■ WHAT TO PRODUCE ■
Report all lines in the records that hold the string "unfolding".

== == ==

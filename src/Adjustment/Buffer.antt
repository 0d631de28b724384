-- ===== src/Adjustment/Buffer.antt =====
-- The header of the adjustment data, as adjustmenteepromreadwrite.cpp of
-- zenux-service-common/lib/adjustment reads and writes it with `QDataStream`: the size in four bytes
-- and the checksum in two, the highest byte first.
use zenux_services.Prelude.{
  ℕ, ◌+◌, ◌*◌, ◌/◌, ◌%◌, ◌^◌, ◌≤◌, ◌<◌, ◌≡◌, refl, List, [], ◌∷◌, ◌++◌, arith, ltb, if◌then◌else◌,
  length, take, drop, get_or,
}

abbrev pub be16 : ℕ → List ℕ
be16 n = (n / 2 ^ 8 % 2 ^ 8) ∷ (n % 2 ^ 8) ∷ []

abbrev pub be32 : ℕ → List ℕ
be32 n = (n / 2 ^ 24 % 2 ^ 8) ∷ (n / 2 ^ 16 % 2 ^ 8) ∷ (n / 2 ^ 8 % 2 ^ 8) ∷ (n % 2 ^ 8) ∷ []

abbrev pub word_at : List ℕ → ℕ → ℕ
word_at ba i = get_or ba i 0 * 2 ^ 8 + get_or ba (i + 1) 0

-- `bastream >> sizeRead >> m_checksum`
unfoldable pub header_size : List ℕ → ℕ
header_size ba = word_at ba 0 * 2 ^ 16 + word_at ba 2

unfoldable pub header_checksum : List ℕ → ℕ
header_checksum ba = word_at ba 4

-- A stream that skips beyond the end has an error and writes nothing.
unfoldable pub set_checksum_in_buffer : ℕ → List ℕ → List ℕ
set_checksum_in_buffer checksum ba =
    if ltb (length ba) 4 then ba else take 4 ba ++ be16 checksum ++ drop 6 ba

unfoldable pub set_count_in_buffer : List ℕ → List ℕ
set_count_in_buffer ba = be32 (length ba) ++ drop 4 ba

-- A buffer that has its header is that header and the payload.
pub with_header :
    (ba : List ℕ)
    → 6 ≤ length ba
    → (a b c d e f : ℕ) × (rest : List ℕ) × (ba ≡ a ∷ b ∷ c ∷ d ∷ e ∷ f ∷ rest)
with_header [] h = absurd (omega arith)
with_header (a ∷ []) h = absurd (omega arith)
with_header (a ∷ b ∷ []) h = absurd (omega arith)
with_header (a ∷ b ∷ c ∷ []) h = absurd (omega arith)
with_header (a ∷ b ∷ c ∷ d ∷ []) h = absurd (omega arith)
with_header (a ∷ b ∷ c ∷ d ∷ e ∷ []) h = absurd (omega arith)
with_header (a ∷ b ∷ c ∷ d ∷ e ∷ f ∷ rest) h = (a, b, c, d, e, f, rest, refl)

be32_value :
    (n : ℕ)
    → n < 2 ^ 32
    → (n / 2 ^ 24 % 2 ^ 8 * 2 ^ 8 + n / 2 ^ 16 % 2 ^ 8) * 2 ^ 16
        + (n / 2 ^ 8 % 2 ^ 8 * 2 ^ 8 + n % 2 ^ 8)
      ≡ n
be32_value n h = omega arith

be16_value : (n : ℕ) → n < 2 ^ 16 → n / 2 ^ 8 % 2 ^ 8 * 2 ^ 8 + n % 2 ^ 8 ≡ n
be16_value n h = omega arith

-- The stamped buffer: the size, the checksum, the payload.
abbrev pub stamped : ℕ → List ℕ → List ℕ
stamped checksum ba = be32 (length ba) ++ be16 checksum ++ drop 6 ba

pub set_checksum-set_count :
    (checksum : ℕ) (ba : List ℕ)
    → 6 ≤ length ba
    → set_checksum_in_buffer checksum (set_count_in_buffer ba) ≡ stamped checksum ba
set_checksum-set_count checksum ba h =
    let (a, b, c, d, e, f, rest, eq) = with_header ba h in
    rw eq (unfold set_checksum_in_buffer set_count_in_buffer in ground arith)

pub length-stamped :
    (checksum : ℕ) (ba : List ℕ) → 6 ≤ length ba → length (stamped checksum ba) ≡ length ba
length-stamped checksum ba h = let (a, b, c, d, e, f, rest, eq) = with_header ba h in rw eq refl

pub header_size-stamped :
    (checksum : ℕ) (ba : List ℕ)
    → length ba < 2 ^ 32
    → header_size (stamped checksum ba) ≡ length ba
unfolding header_size
header_size-stamped checksum ba h = be32_value (length ba) h

pub header_checksum-stamped :
    (checksum : ℕ) (ba : List ℕ)
    → checksum < 2 ^ 16
    → header_checksum (stamped checksum ba) ≡ checksum
unfolding header_checksum
header_checksum-stamped checksum ba h = be16_value checksum h

-- The last checksum written stands.
pub set_checksum-set_checksum :
    (x y : ℕ) (ba : List ℕ)
    → set_checksum_in_buffer x (set_checksum_in_buffer y ba) ≡ set_checksum_in_buffer x ba
unfolding set_checksum_in_buffer
set_checksum-set_checksum x y [] = refl
set_checksum-set_checksum x y (a ∷ []) = refl
set_checksum-set_checksum x y (a ∷ b ∷ []) = refl
set_checksum-set_checksum x y (a ∷ b ∷ c ∷ []) = refl
set_checksum-set_checksum x y (a ∷ b ∷ c ∷ d ∷ []) = refl
set_checksum-set_checksum x y (a ∷ b ∷ c ∷ d ∷ e ∷ []) = refl
set_checksum-set_checksum x y (a ∷ b ∷ c ∷ d ∷ e ∷ f ∷ rest) = ground arith

pub set_checksum-stamped :
    (x y : ℕ) (ba : List ℕ) → set_checksum_in_buffer x (stamped y ba) ≡ stamped x ba
unfolding set_checksum_in_buffer
set_checksum-stamped x y ba = ground arith

pub length-set_checksum :
    (x : ℕ) (ba : List ℕ) → 6 ≤ length ba → length (set_checksum_in_buffer x ba) ≡ length ba
length-set_checksum x ba h =
    let (a, b, c, d, e, f, rest, eq) = with_header ba h in
    rw eq (unfold set_checksum_in_buffer in ground arith)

== == ==

■ OUTPUT FOR THIS TASK ■
unfolding header_size
unfolding header_checksum
unfolding set_checksum_in_buffer
unfolding set_checksum_in_buffer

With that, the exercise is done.